У Вас таких проблем нет. Ваш нейтралитет в переводе позволяет не искать, а знакомиться с автором. Вот этого автора, благодаря объему, я очень хорошо почувствовала. Всю эту ностальгическую почти трансцендентную и метафизическую тоску. Но у них даже тоска какая-то оптимистическая, мягкая, добрая, нет резких мотивов и амплитуд.
Рефрен начальный "Это — сон. О, мой город..." И описание мелкими, но емкими штрихами образов:
отца, бабули, негра-полицейского, приятеля, рассуждающего об Аристотеле, портного, учителя, художника, врага-совратителя, первой женщины и глотка вина, доктора, печатника, разносчика газет, и замыкается круг опять отцом, оставившим городу розы из крови... Это целый микромир, город описан через людей и возникает такая сенситивная голография, когда эти возвратные чувства описанных персонажей идут назад к автору от них, а ты читаешь и все это ощущаешь, и вот уже город движется.
И потрясающие олицетворения : "улица с морщинистой кожей из глины", " искусанной ветром", "воспаривший балкон"...Далее обращение к людям города, пронзительное и болезненное, и многократно повторенное "пешком иду к вам". Город любит, когда его читают ногами, в прогулках, в остановках...Люди и город, память и боль — темы так пересекаются, что от этих лестниц по ходу чтения слышишь удаленный человеческий гомон и разговор на струящемся и мелодичном, экспрессивном и теплом испанском.
Мне его город напомнил пустынные улицы Детройта. Как-то попала на фотостоке на группу фотоснимков города, где были показаны пустующие дома, кинотеатры..Вообще люблю такую тему смотреть в фотографиях. И там в этой пустоте ощущаешь почти физически боль, идущую от пустых стен...Так и в этом переводе. Но боль не гнетет, боль делится.
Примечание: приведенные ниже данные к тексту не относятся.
-- ===== src/Projection/Dispatch/CommandKeys.antt =====
-- The keys of the commands' map of the loop in web/src/lib/assistant-projection.ts.
use codex_mcp_ui.Common.{
  ℕ, ◌≡◌, refl, ap, Bool, true, false, not, ◌&&◌, List, if◌then◌else◌, is_some, map, select,
}
use codex_mcp_ui.Common.Table.{keys}
use codex_mcp_ui.Common.Keys.{keys-set, firsts}
use codex_mcp_ui.Event.{EventRecord}
use codex_mcp_ui.Projection.Access.{bucket_id}
use codex_mcp_ui.Projection.Buckets.{change_bucket}
use codex_mcp_ui.Projection.Switch.{Case, case_of}
use codex_mcp_ui.Projection.Dispatch.CommandParts.{part_of}
use codex_mcp_ui.Projection.Dispatch.Commands.{execs-set_pair_buckets}
use codex_mcp_ui.Projection.Dispatch.Default.{default_for-IsOf}
use codex_mcp_ui.Projection.Dispatch.Keyed.{add_key_if, loop-firsts}
use codex_mcp_ui.Projection.Dispatch.{
  Projection, empty_projection, project_default, project_case, project_event, project_events,
  is_skipped,
}

-- The events of commands.
abbrev pub is_of_command : EventRecord → Bool
is_of_command e = not (is_skipped e) && is_some (part_of (case_of e.event_type))

module _ (p : Projection) (event : EventRecord) (index : ℕ) where
  abbrev IsKeyed : Projection → Bool → Type 0
  IsKeyed q c = keys q.exec_buckets ≡ add_key_if c (keys p.exec_buckets) (bucket_id event)

  case-IsKeyed : (c : Case) → IsKeyed (project_case p event index c) (is_some (part_of c))
  unfolding project_case project_default change_bucket
  case-IsKeyed Case.user_message = refl
  case-IsKeyed Case.agent_message = refl
  case-IsKeyed Case.agent_reasoning = refl
  case-IsKeyed Case.agent_reasoning_raw_content = refl
  case-IsKeyed Case.message_delta = refl
  case-IsKeyed Case.reasoning_delta = refl
  case-IsKeyed Case.raw_content_delta = refl
  case-IsKeyed Case.section_break = refl
  case-IsKeyed Case.exec_begin = keys-set p.exec_buckets _ _
  case-IsKeyed Case.exec_output = keys-set p.exec_buckets _ _
  case-IsKeyed Case.exec_interaction = keys-set p.exec_buckets _ _
  case-IsKeyed Case.exec_end = keys-set p.exec_buckets _ _
  case-IsKeyed Case.view_image = refl
  case-IsKeyed Case.plan_update = refl
  case-IsKeyed Case.plan_delta = refl
  case-IsKeyed (Case.pair_begin k) = ap keys (execs-set_pair_buckets p k _)
  case-IsKeyed (Case.pair_end k) = ap keys (execs-set_pair_buckets p k _)
  case-IsKeyed Case.default =
      ap (λ q. keys q.exec_buckets) (default_for-IsOf p event index event.event_type).1

  skip-IsKeyed :
      (s : Bool) (c : Case)
      → IsKeyed (if s then p else project_case p event index c) (not s && is_some (part_of c))
  skip-IsKeyed true c = refl
  skip-IsKeyed false c = case-IsKeyed c

event-IsKeyed :
    (p : Projection) (event : EventRecord) (index : ℕ)
    → IsKeyed p event index (project_event p event index) (is_of_command event)
unfolding project_event
event-IsKeyed p event index =
    skip-IsKeyed p event index (is_skipped event) (case_of event.event_type)

pub commands-keys :
    (events : List EventRecord) (index : ℕ)
    → keys (project_events empty_projection events index).exec_buckets
      ≡ firsts (map bucket_id (select is_of_command events))
commands-keys events index =
    loop-firsts (λ p. keys p.exec_buckets) is_of_command bucket_id event-IsKeyed events index refl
Все что есть здесь, все для чего мы здесь, собрать урожай своей боли.
Жаль нет принтера, есть, но, поломался и не пользуюсь давно, такие вещи лучше читать с листа. Спасибо за труд, Елена. Понимаю, что здесь не вечер, и даже не одна неделя.
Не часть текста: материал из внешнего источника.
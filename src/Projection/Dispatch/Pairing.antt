-- ===== src/Projection/Dispatch/Pairing.antt =====
-- The begin and the end event of a call meet in one bucket, in either order of arrival.
use codex_mcp_ui.Common.{ℕ, ◌≡◌, refl, sym, ◌∙◌, false, some, eq_refl}
use codex_mcp_ui.Common.Table.{Table, get}
use codex_mcp_ui.Event.{EventRecord}
use codex_mcp_ui.Projection.Parts.{PairBucket}
use codex_mcp_ui.Projection.Access.{bucket_id}
use codex_mcp_ui.Projection.Buckets.{empty_pair}
use codex_mcp_ui.Projection.Buckets.Laws.{change_bucket_twice, get-change_bucket}
use codex_mcp_ui.Projection.Switch.{PairKind, Case, case_of}
use codex_mcp_ui.Projection.Dispatch.{
  Projection, pair_buckets, set_pair_buckets, change_pair, project_case, project_event, is_skipped,
}

pair_buckets-set_pair_buckets :
    (p : Projection) (kind : PairKind) (m : Table PairBucket)
    → pair_buckets (set_pair_buckets p kind m) kind ≡ m
unfolding pair_buckets set_pair_buckets
pair_buckets-set_pair_buckets p PairKind.mcp_tool m = refl
pair_buckets-set_pair_buckets p PairKind.web_search m = refl
pair_buckets-set_pair_buckets p PairKind.image_generation m = refl
pair_buckets-set_pair_buckets p PairKind.patch m = refl
pair_buckets-set_pair_buckets p PairKind.dynamic_tool m = refl
pair_buckets-set_pair_buckets p PairKind.collab_spawn m = refl
pair_buckets-set_pair_buckets p PairKind.collab_interaction m = refl
pair_buckets-set_pair_buckets p PairKind.collab_wait m = refl
pair_buckets-set_pair_buckets p PairKind.collab_close m = refl
pair_buckets-set_pair_buckets p PairKind.collab_resume m = refl

set_pair_buckets_twice :
    (p : Projection) (kind : PairKind) (m n : Table PairBucket)
    → set_pair_buckets (set_pair_buckets p kind m) kind n ≡ set_pair_buckets p kind n
unfolding set_pair_buckets
set_pair_buckets_twice p PairKind.mcp_tool m n = refl
set_pair_buckets_twice p PairKind.web_search m n = refl
set_pair_buckets_twice p PairKind.image_generation m n = refl
set_pair_buckets_twice p PairKind.patch m n = refl
set_pair_buckets_twice p PairKind.dynamic_tool m n = refl
set_pair_buckets_twice p PairKind.collab_spawn m n = refl
set_pair_buckets_twice p PairKind.collab_interaction m n = refl
set_pair_buckets_twice p PairKind.collab_wait m n = refl
set_pair_buckets_twice p PairKind.collab_close m n = refl
set_pair_buckets_twice p PairKind.collab_resume m n = refl

change_pair_twice :
    (p : Projection) (kind : PairKind) (a b : EventRecord) (f g : PairBucket → PairBucket)
    → bucket_id b ≡ bucket_id a
    → change_pair (change_pair p kind a f) kind b g ≡ change_pair p kind a (λ x. g (f x))
change_pair_twice p kind a b f g same = rw (
  pair_buckets-set_pair_buckets,
  set_pair_buckets_twice,
  same,
  change_bucket_twice (pair_buckets p kind) (bucket_id a) empty_pair f g,
)

project_event-case :
    (p : Projection) (event : EventRecord) (index : ℕ) (c : Case)
    → is_skipped event ≡ false
    → case_of event.event_type ≡ c
    → project_event p event index ≡ project_case p event index c
unfolding project_event
project_event-case p event index c kept same = rw (kept, same)

-- Two events that the loop does not skip, the begin and the end of one kind with one bucket id, and
-- that it handles one right after the other: it leaves the same variables in either order, from any
-- variables and at any positions.
pub pair_order :
    (p : Projection) (kind : PairKind) (b e : EventRecord) (i j k l : ℕ)
    → is_skipped b ≡ false
    → is_skipped e ≡ false
    → case_of b.event_type ≡ Case.pair_begin kind
    → case_of e.event_type ≡ Case.pair_end kind
    → bucket_id e ≡ bucket_id b
    → project_event (project_event p b i) e j ≡ project_event (project_event p e k) b l
unfolding project_case
pair_order p kind b e i j k l kb ke cb ce same =
    let begin = λ (x : PairBucket). record x { begin = some b } in
    let finish = λ (x : PairBucket). record x { end = some e } in
    rw
      (
        project_event-case p b i (Case.pair_begin kind) kb cb,
        project_event-case p e k (Case.pair_end kind) ke ce,
        project_event-case _ e j (Case.pair_end kind) ke ce,
        project_event-case _ b l (Case.pair_begin kind) kb cb,
      )
      (change_pair_twice p kind b e begin finish same
        ∙ (rw same)
        ∙ sym (change_pair_twice p kind e b finish begin (sym same)))

-- Two events that the loop does not skip, the begin and then the end of one kind with one bucket id,
-- leave a bucket with exactly these two under that id.
pub pair_met :
    (p : Projection) (kind : PairKind) (b e : EventRecord) (i j : ℕ)
    → is_skipped b ≡ false
    → is_skipped e ≡ false
    → case_of b.event_type ≡ Case.pair_begin kind
    → case_of e.event_type ≡ Case.pair_end kind
    → bucket_id e ≡ bucket_id b
    → get (pair_buckets (project_event (project_event p b i) e j) kind) (bucket_id b)
      ≡ some (record { begin = some b; end = some e })
unfolding project_case
pair_met p kind b e i j kb ke cb ce same = rw (
  project_event-case p b i (Case.pair_begin kind) kb cb,
  project_event-case _ e j (Case.pair_end kind) ke ce,
  change_pair_twice p kind b e (λ x. record x { begin = some b }) (λ x. record x { end = some e })
      same,
  pair_buckets-set_pair_buckets,
  get-change_bucket,
  eq_refl,
)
Кшесинская Деметра 04.11.2020 20:41 Заявить о нарушении
Я даже не подозревала, что мне столько всего удалось отразить - ей-богу. Я ведь, просто, как всегда, старалась идти за автором и не издеваться уж очень сильно над РЯ.
Но, действительно – я над своим текстом посидела довольно-таки прилежно, несколько дней, наверно (авторский текст очень прозрачный и ясный, и у меня задача была лишь расставить русские слова в ряд)). Зато потом правила его лет десять, время от времени...
Огрехи кой-какие остались, конечно – куда без них. Ритм в некот. местах проседает... Да еще такой вот момент: там в оригинале есть пара-тройка вставок – песня гитарная, еще что-то – и эти вставки написаны на исп. как "размерно-рифмованные", а я такие вещи практически не умею переводить, увы. И это – существенный урон для общей картины. Отсюда, наверно, и "причитательный эффект"...
Мне особо понравилось "переводчика нет": это дорогого стоит – спасибо! Самая высокая оценка для перевода - это когда он не похож на перевод! К этому я всегда и стремлюсь (с переменным результатом)). Но перевод всё равно всегда ведь – искажение, как ни крути...
Хорошо Вы про Детройт вспомнили... Я тоже в интернете снимки его видела современные – кошмар какой-то: город без людей. А у Гильена – с людьми, но из прошлого времени. Мне кажется, он этот стих написал, еще только предчувствуя своё возвращение туда...
И мне ещё понравилось, как Вы описали людей, попавших в чужую страну: "перезагрузка страной на основе языков тех обителей, которые их принимают". Гильен, будучи в эмиграции, жил (и) в Париже. У него есть стишок один, где эта тема затрагивается, там название – на фр. языке, и эта же строка на фр. повторяется неск. раз в тексте. Как-то отразить этот момент мне не удалось, а в остатке получилось вот это:
http://stihi.ru/2015/10/04/9522
Ещё раз спасибо Вам за рецензию! (Я подозреваю, что Вы – профессиональный литератор, и вообще – автор! Это надо уметь - ТАК выражать себя – и притом от души!).